O tópico, entendido como aquilo a respeito do que se fala, é, e deve ser, desenvolvido pelos interlocutores. Associando a ideia de tópico à de planejamento discursivo, podemos dizer que uma primeira dimensão do processo do planejamento do discurso é a do planejamento temático [...]. Mas, independentemente de ser o tema estabelecido "de fora para dentro", e não pelos interlocutores, a conversa sempre gira em torno de um assunto ou tema, condição indispensável para a coerência do produto da conversação, isto é, do texto conversacional.

O tópico discursivo ou temático é fator que interfere no desenrolar da conversa, aliás, o determina, conforme é possível verificar nas ponderações de Rodrigues (2003). A autora associa o planejamento da fala ou discurso ao planejamento de abordagem do tema a ser tratado pelos interlocutores, elemento preponderante para o estabelecimento da coerência na conversa.

Rodrigues (2003, p. 20) amplia a análise a respeito de planejamento na língua falada e afirma que

[...] se, na conversação espontânea, o tema pode sugerir algum grau de planejamento, dificilmente se pode falar em formulação verbal planejada (URBANO, 1990). A questão do planejamento discursivo é discutida por OCHS (1979), que fala de quatro níveis de planejamento no discurso de falantes cultos de inglês: falado não planejado, falado planejado, escrito não planejado escrito planejado. [...] Em termos mais gerais, a língua falada apresenta uma tendência para o não planejado, ou, ainda, com base nas ideias de OCHS, a língua falada é planejada localmente, isto é, constitui uma atividade administrada passo a passo.

A partir da análise de Rodrigues (2003), podemos perceber que, quando tratamos do planejamento da fala aliada a uma situação de uma entrevista de emprego, enquadraríamos esse evento discursivo oral, como falado planejado. Esse evento é, portanto, passível de ser reformulado ou reorganizado, no momento em que se realiza, para se obter um melhor desempenho verbal durante a entrevista. Nesse aspecto, a autora cita Ochs que alerta para o fato de a língua falada permitir o planejamento local, ou seja, instantâneo.

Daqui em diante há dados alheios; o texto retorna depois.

-- ===== src/Control/Service/Pages.antt =====
-- engine/control/service.ts, listProjects and snapshots: a list, a page at a time.
--
-- The rows that a session sees are those of its workspace: the policy of row-level security is
-- written into the query.
pub mod Complete
use forge_ai.Prelude.{
  ℕ, zero, suc, ◌-◌, Bool, true, ◌&&◌, not, Option, none, some, List, [], ◌∷◌, ltb, ◌==◌,
  if◌then◌else◌, is_some, keep, length, take,
}
use forge_ai.Control.Tables.{World, ProjectRow, SnapshotRow}

module _ {A : Type 0} (id : A → ℕ) where
  abbrev pub place : A → List A → List A
  place x [] = x ∷ []
  place x (y ∷ ys) = let rest = place x ys in if ltb (id y) (id x) then y ∷ rest else x ∷ y ∷ ys

  -- `ORDER BY id`
  abbrev pub in_order : List A → List A
  in_order [] = []
  in_order (x ∷ xs) = place x (in_order xs)

  -- `$1::uuid IS NULL OR id>$1`
  abbrev pub is_after : Option ℕ → A → Bool
  is_after none x = true
  is_after (some c) x = ltb c (id x)

  -- `rows[n].id`
  abbrev pub id_at : ℕ → List A → Option ℕ
  id_at n [] = none
  id_at zero (x ∷ xs) = some (id x)
  id_at (suc n) (x ∷ xs) = id_at n xs

pub record Page (A : Type 0) : Type 0 where
  pub items : List A
  pub next_cursor : Option ℕ

module _ {A : Type 0} (id : A → ℕ) where
  -- The query with `LIMIT limit+1`, and the page that is made of it.
  unfoldable pub page : Option ℕ → ℕ → List A → Page A
  page cursor limit table =
      let rows = take (suc limit) (keep (is_after id cursor) (in_order id table)) in
      record {
        items = take limit rows;
        next_cursor = if ltb limit (length rows) then id_at id (limit - 1) rows else none;
      }

abbrev pub project_id_of : ProjectRow → ℕ
project_id_of p = p.id

-- `listProjects`
unfoldable pub list_projects : ℕ → Option ℕ → ℕ → World → Page ProjectRow
unfolding page
list_projects workspace cursor limit w = page project_id_of cursor limit (
    keep (λ (p : ProjectRow). p.workspace_id == workspace && not (is_some p.deleting_at))
      w.projects)

abbrev pub snapshot_id_of : SnapshotRow → ℕ
snapshot_id_of x = x.id

-- `snapshots`
unfoldable pub list_snapshots : ℕ → Option ℕ → ℕ → World → Page SnapshotRow
unfolding page
list_snapshots id cursor limit w =
    page snapshot_id_of cursor limit (keep (λ (x : SnapshotRow). x.project_id == id) w.snapshots)
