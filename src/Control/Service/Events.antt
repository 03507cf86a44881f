-- ===== src/Control/Service/Events.antt =====
-- engine/control/service.ts, events: the events of a job behind a cursor.
--
-- `spelled` is the text of an identifier and `is_uuid` zod's schema of it. The schema of an event is
-- carried by the type of its payload.
use forge_ai.Prelude.{
  ℕ, ◌+◌, ◌-◌, Bool, ◌&&◌, Option, none, some, List, [], ◌∷◌, leb, ltb, ◌==◌, if◌then◌else◌, keep,
  find, take, min, max, Result, ok, err, event_cursor_expired, invalid_event_cursor,
}
use forge_ai.Contracts.Events.{parse_event_cursor}
use forge_ai.Jobs.{is_terminal}
use forge_ai.Control.Tables.{JobRow, EventRow}
use forge_ai.Control.Tx.{Environment, Tx, ◌>>=◌, ◌>>◌, return, reject_if, one, lift, read, clock}
use forge_ai.Control.State.{job_is}
use forge_ai.Control.Service.Pages.{in_order}

pub record EventPage : Type 0 where
  pub events : List EventRow
  pub terminal : Bool
  pub latest_seq : ℕ
  pub earliest_seq : ℕ

-- The `try` around `parseEventCursor`.
abbrev pub or_invalid : Result ℕ → Result ℕ
or_invalid (ok n) = ok n
or_invalid (err e) = err invalid_event_cursor

-- `cursor ? parseEventCursor(…) : 0`
abbrev pub cursor_seq : (List ℕ → Bool) → Option (List ℕ) → List ℕ → ℕ → Result ℕ
cursor_seq is_uuid none job latest = ok 0
cursor_seq is_uuid (some []) job latest = ok 0
cursor_seq is_uuid (some (c ∷ s)) job latest =
    or_invalid (parse_event_cursor is_uuid (c ∷ s) job latest)

abbrev least : ℕ → Option ℕ → Option ℕ
least n none = some n
least n (some m) = some (min n m)

-- `min(seq)` of the events that are kept: those of the last thirty days.
abbrev pub retained : ℕ → ℕ → List EventRow → Option ℕ
retained id now [] = none
retained id now (e ∷ es) =
    let rest = retained id now es in
    if e.job_id == id && leb now (e.created_at + 2592000000) then least e.seq rest else rest

abbrev pub earliest_of : JobRow → Option ℕ → ℕ
earliest_of j none = max j.earliest_event_seq j.next_event_seq
earliest_of j (some n) = max j.earliest_event_seq n

abbrev pub seq_of : EventRow → ℕ
seq_of e = e.seq

-- `WHERE job_id=$1 AND seq>$2 ORDER BY seq LIMIT 100`
unfoldable pub events_after : ℕ → ℕ → List EventRow → List EventRow
events_after id seq es =
    take 100 (keep (λ (e : EventRow). e.job_id == id && ltb seq e.seq) (in_order seq_of es))

unfoldable pub events :
    Environment → (List ℕ → Bool) → (ℕ → List ℕ) → ℕ → Option (List ℕ) → Tx EventPage
unfolding events_after
events env is_uuid spelled id cursor = do
  j ← one (λ w. find (job_is id) w.jobs)
  seq ← lift (cursor_seq is_uuid cursor (spelled id) (j.next_event_seq - 1))
  now ← clock env
  kept ← read (λ w. retained id now w.events)
  reject_if (ltb seq (earliest_of j kept - 1)) event_cursor_expired
  rows ← read (λ w. events_after id seq w.events)
  return (record {
    events = rows;
    terminal = is_terminal j.state;
    latest_seq = j.next_event_seq - 1;
    earliest_seq = earliest_of j kept;
  })
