-- ===== src/Control/Service/Idempotency/Replay.antt =====
-- engine/control/service.ts, idempotent: the second answer to a request.
use mathlib.Core.Path.{subst}
use forge_ai.Prelude.{
  inl, inr, ℕ, ◌+◌, ◌≡◌, refl, sym, ap, ◌∙◌, arith, Bool, true, false, not, Option, none, some,
  List, [], ◌∷◌, ◌++◌, Result, ok, err, keep, find, if◌then◌else◌, ◌==◌, ◌!=◌, Bool-cases,
  Option-cases, same_text_iff, invalid, idempotency_conflict, not-false,
}
use forge_ai.Control.Tables.{World, Response, RecordRow, Route}
use forge_ai.Control.Tx.{
  Environment, Tx, ◌>>◌, return, reject_if, reject_if-split, >>=-split, ok_pair,
}
use forge_ai.Control.Service.Idempotency.{
  key_schema, record_is, is_live, record_for, run_recorded, answer, idempotent,
}

-- The record that a response left.
pub record Recorded (workspace actor : ℕ) (route : Route) (key : List ℕ) (digest : ℕ) (r : Response)
    (v : World) : Type 0 where
  pub row : RecordRow
  pub found : find (record_is workspace actor route key) v.records ≡ some row
  pub response : row.response ≡ r
  pub digest_kept : row.request_digest ≡ digest
  pub key_ok : key_schema key ≡ true

find-keep : {A : Type 0} (p : A → Bool) (xs : List A) → find p (keep (λ x. not (p x)) xs) ≡ none
find-keep p [] = refl
find-keep p (x ∷ xs) = elim (Bool-cases (p x)) [
  | inl h ↦ rw h (find-keep p xs)
  | inr h ↦ rw h (rw h (find-keep p xs))
]

find-append_last :
    {A : Type 0} (p : A → Bool) (xs : List A) (x : A)
    → find p xs ≡ none
    → p x ≡ true
    → find p (xs ++ x ∷ []) ≡ some x
find-append_last p [] x h t = rw t refl
find-append_last p (y ∷ ys) x h t = elim (Bool-cases (p y)) [
  | inl a ↦ absurd (ground (arith, rw a at h))
  | inr a ↦ rw a (find-append_last p ys x (rw a at h) t)
]

record_for-is :
    (env : Environment) (workspace actor : ℕ) (route : Route) (key : List ℕ) (digest : ℕ)
    (r : Response)
    → record_is workspace actor route key (record_for env workspace actor route key digest r) ≡ true
unfolding record_is
record_for-is env workspace actor route key digest r = ground (arith, same_text_iff key key)

module _ (env : Environment) (workspace actor : ℕ) (route : Route) (key : List ℕ) where
  -- A response that is recorded where no other record of the request is left.
  stored :
      (digest : ℕ) (r result : Response) (u v : World) (xs : List RecordRow)
      → key_schema key ≡ true
      → u.records ≡ xs
      → find (record_is workspace actor route key) xs ≡ none
      → ◌≡◌ {A = Result (Response × World)}
          (ok (
            result,
            record u {
              records = u.records ++ record_for env workspace actor route key digest result ∷ [];
            },
          ))
          (ok (r, v))
      → Recorded workspace actor route key digest r v
  stored digest r result u v xs sound same missing e =
      let new = record_for env workspace actor route key digest result in
      let (a, b) = ok_pair {a = result} {w = record u { records = u.records ++ new ∷ [] }} e in
      record {
        row = new;
        found =
            ap (λ (x : World). find (record_is workspace actor route key) x.records) b
            ∙ ap (λ ys. find (record_is workspace actor route key) (ys ++ new ∷ [])) same
            ∙ find-append_last (record_is workspace actor route key) xs new missing
                (record_for-is env workspace actor route key digest result);
        response = sym a;
        digest_kept = refl;
        key_ok = sound;
      }

  run_recorded-Recorded :
      (digest : ℕ) (action : Tx Response) (prior : Option RecordRow) (w v : World) (r : Response)
      → ((x y : World) (a : Response) → action x ≡ ok (a, y) → y.records ≡ x.records)
      → key_schema key ≡ true
      → find (record_is workspace actor route key) w.records ≡ prior
      → run_recorded env workspace actor route key digest action prior w ≡ ok (r, v)
      → Recorded workspace actor route key digest r v
  unfolding run_recorded
  run_recorded-Recorded digest action none w v r keeps sound none_left e =
      let (result, u, ran, e1) = >>=-split action _ w v r e in
      stored digest r result u v w.records sound (keeps w u result ran) none_left e1
  run_recorded-Recorded digest action (some x) w v r keeps sound old e =
      let left = keep (λ y. not (record_is workspace actor route key y)) w.records in
      let (result, u, ran, e1) = >>=-split action _ (record w { records = left }) v r e in
      stored digest r result u v left sound (keeps (record w { records = left }) u result ran)
        (find-keep (record_is workspace actor route key) w.records) e1

  same_digest : (a b : ℕ) → (a != b) ≡ false → a ≡ b
  same_digest a b e = ground (arith, e)

  -- A response has a record of its request when it is given.
  pub idempotent-Recorded :
      (digest : ℕ) (action : Tx Response) (w v : World) (r : Response)
      → ((x y : World) (a : Response) → action x ≡ ok (a, y) → y.records ≡ x.records)
      → idempotent env workspace actor route key digest action w ≡ ok (r, v)
      → Recorded workspace actor route key digest r v
  unfolding idempotent answer
  idempotent-Recorded digest action w v r keeps e =
      let now = env.clock w.reads in
      let u = record w { reads = w.reads + 1 } in
      let (sound, e1) = reject_if-split (not (key_schema key)) invalid _ w v r e in
      let good = not-false (key_schema key) sound in
      elim (Option-cases (find (record_is workspace actor route key) w.records)) [
        | inl f ↦ run_recorded-Recorded digest action none u v r keeps good f (
            subst
              (λ (o : Option RecordRow).
                answer env workspace actor route key digest action o now u ≡ ok (r, v))
              f e1)
        | inr (x, f) ↦
            let e2 =
              subst
                (λ (o : Option RecordRow).
                  answer env workspace actor route key digest action o now u ≡ ok (r, v))
                f e1 in
            elim (Bool-cases (is_live (some x) now)) [
              | inl live ↦
                  let e3 =
                    subst
                      (λ (b : Bool).
                        (if b
                            then reject_if (x.request_digest != digest) idempotency_conflict
                              >> return x.response
                            else run_recorded env workspace actor route key digest action (some x))
                          u
                        ≡ ok (r, v))
                      live e2 in
                  let (same, e4) =
                    reject_if-split (x.request_digest != digest) idempotency_conflict
                      (return x.response) u v r e3 in
                  let (a, b) = ok_pair {a = x.response} {w = u} e4 in
                  record {
                    row = x;
                    found =
                        ap (λ (y : World). find (record_is workspace actor route key) y.records) b
                        ∙ f;
                    response = sym a;
                    digest_kept = same_digest x.request_digest digest same;
                    key_ok = good;
                  }
              | inr dead ↦ run_recorded-Recorded digest action (some x) u v r keeps good f (
                  subst
                    (λ (b : Bool).
                      (if b
                          then reject_if (x.request_digest != digest) idempotency_conflict
                            >> return x.response
                          else run_recorded env workspace actor route key digest action (some x))
                        u
                      ≡ ok (r, v))
                    dead e2)
            ]
      ]

equal_tests : (a b : ℕ) → (b == a) ≡ true → (a != b) ≡ false
equal_tests a b e = ground (arith, e)

other_tests : (a b : ℕ) → (b == a) ≡ false → (a != b) ≡ true
other_tests a b e = ground (arith, e)

-- A live record answers: the response that it holds, or the conflict.
answer-live :
    (env : Environment) (workspace actor : ℕ) (route : Route) (key : List ℕ) (digest digest' : ℕ)
    (action : Tx Response) (x : RecordRow) (now : ℕ) (u : World) (r : Response)
    → x.request_digest ≡ digest
    → x.response ≡ r
    → is_live (some x) now ≡ true
    → answer env workspace actor route key digest' action (some x) now u
      ≡ (if digest' == digest then ok (r, u) else err idempotency_conflict)
unfolding answer
answer-live env workspace actor route key digest digest' action x now u r same given live =
    rw live (
      rw given (
        rw same (elim (Bool-cases (digest' == digest)) [
          | inl h ↦ rw h (rw (equal_tests digest digest' h) refl)
          | inr h ↦ rw h (rw (other_tests digest digest' h) refl)
        ])))

-- A request whose key was answered before, and whose record is still there and live, runs nothing,
-- whatever its action is: with the same digest it gets the same response, and with another one
-- the conflict. The action of the first request must leave the records alone.
pub idempotent-again :
    (env : Environment) (workspace actor : ℕ) (route : Route) (key : List ℕ) (digest digest' : ℕ)
    (action action' : Tx Response) (w v u : World) (r : Response)
    → ((x y : World) (a : Response) → action x ≡ ok (a, y) → y.records ≡ x.records)
    → idempotent env workspace actor route key digest action w ≡ ok (r, v)
    → u.records ≡ v.records
    → is_live (find (record_is workspace actor route key) u.records) (env.clock u.reads) ≡ true
    → idempotent env workspace actor route key digest' action' u ≡ (
        if digest' == digest
        then ok (r, record u { reads = u.reads + 1 })
        else err idempotency_conflict)
unfolding idempotent answer
idempotent-again env workspace actor route key digest digest' action action' w v u r keeps e same
      live =
    let d = idempotent-Recorded env workspace actor route key digest action w v r keeps e in
    let f = ap (λ xs. find (record_is workspace actor route key) xs) same ∙ d.found in
    rw d.key_ok (
      subst
        (λ (o : Option RecordRow).
          answer env workspace actor route key digest' action' o (env.clock u.reads)
            (record u { reads = u.reads + 1 })
          ≡ (if digest' == digest
              then ok (r, record u { reads = u.reads + 1 })
              else err idempotency_conflict))
        (sym f)
        (answer-live env workspace actor route key digest digest' action' d.row (env.clock u.reads)
          (record u { reads = u.reads + 1 }) r d.digest_kept d.response
          (subst (λ (o : Option RecordRow). is_live o (env.clock u.reads) ≡ true) f live)))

Tratando desse aspecto de planejamento da fala, a partir de Ochs (1979) e de Givôn (1979 ), Decat ( 2016, p. 3) observa que:

As postulações de Ochs (1979) e de Givôn (1979), segundo as quais um discurso será relativamente planejado ou não, conforme apresente estruturas características do modo pragmático (no caso de discurso não- planejado) ou do modo sintático (no caso de discurso relativamente planejado). Segundo Ochs, o discurso relativamente não-planejado (ou, segundo a terminologia de Givôn, discurso informal não-planejado) é aquele que não foi pensado e organizado antes de sua produção, aquele que é espontâneo, e que exibe estruturas características da linguagem infantil nos primeiros estágios de sua aquisição. E o discurso em que predominam estruturas mais simples, adquiridas nos períodos mais anteriores do desenvolvimento da linguagem. E o discurso relativamente planejado (ou formal, elaborado, segundo outros autores) caracteriza-se pela organização anterior à sua realização, [...]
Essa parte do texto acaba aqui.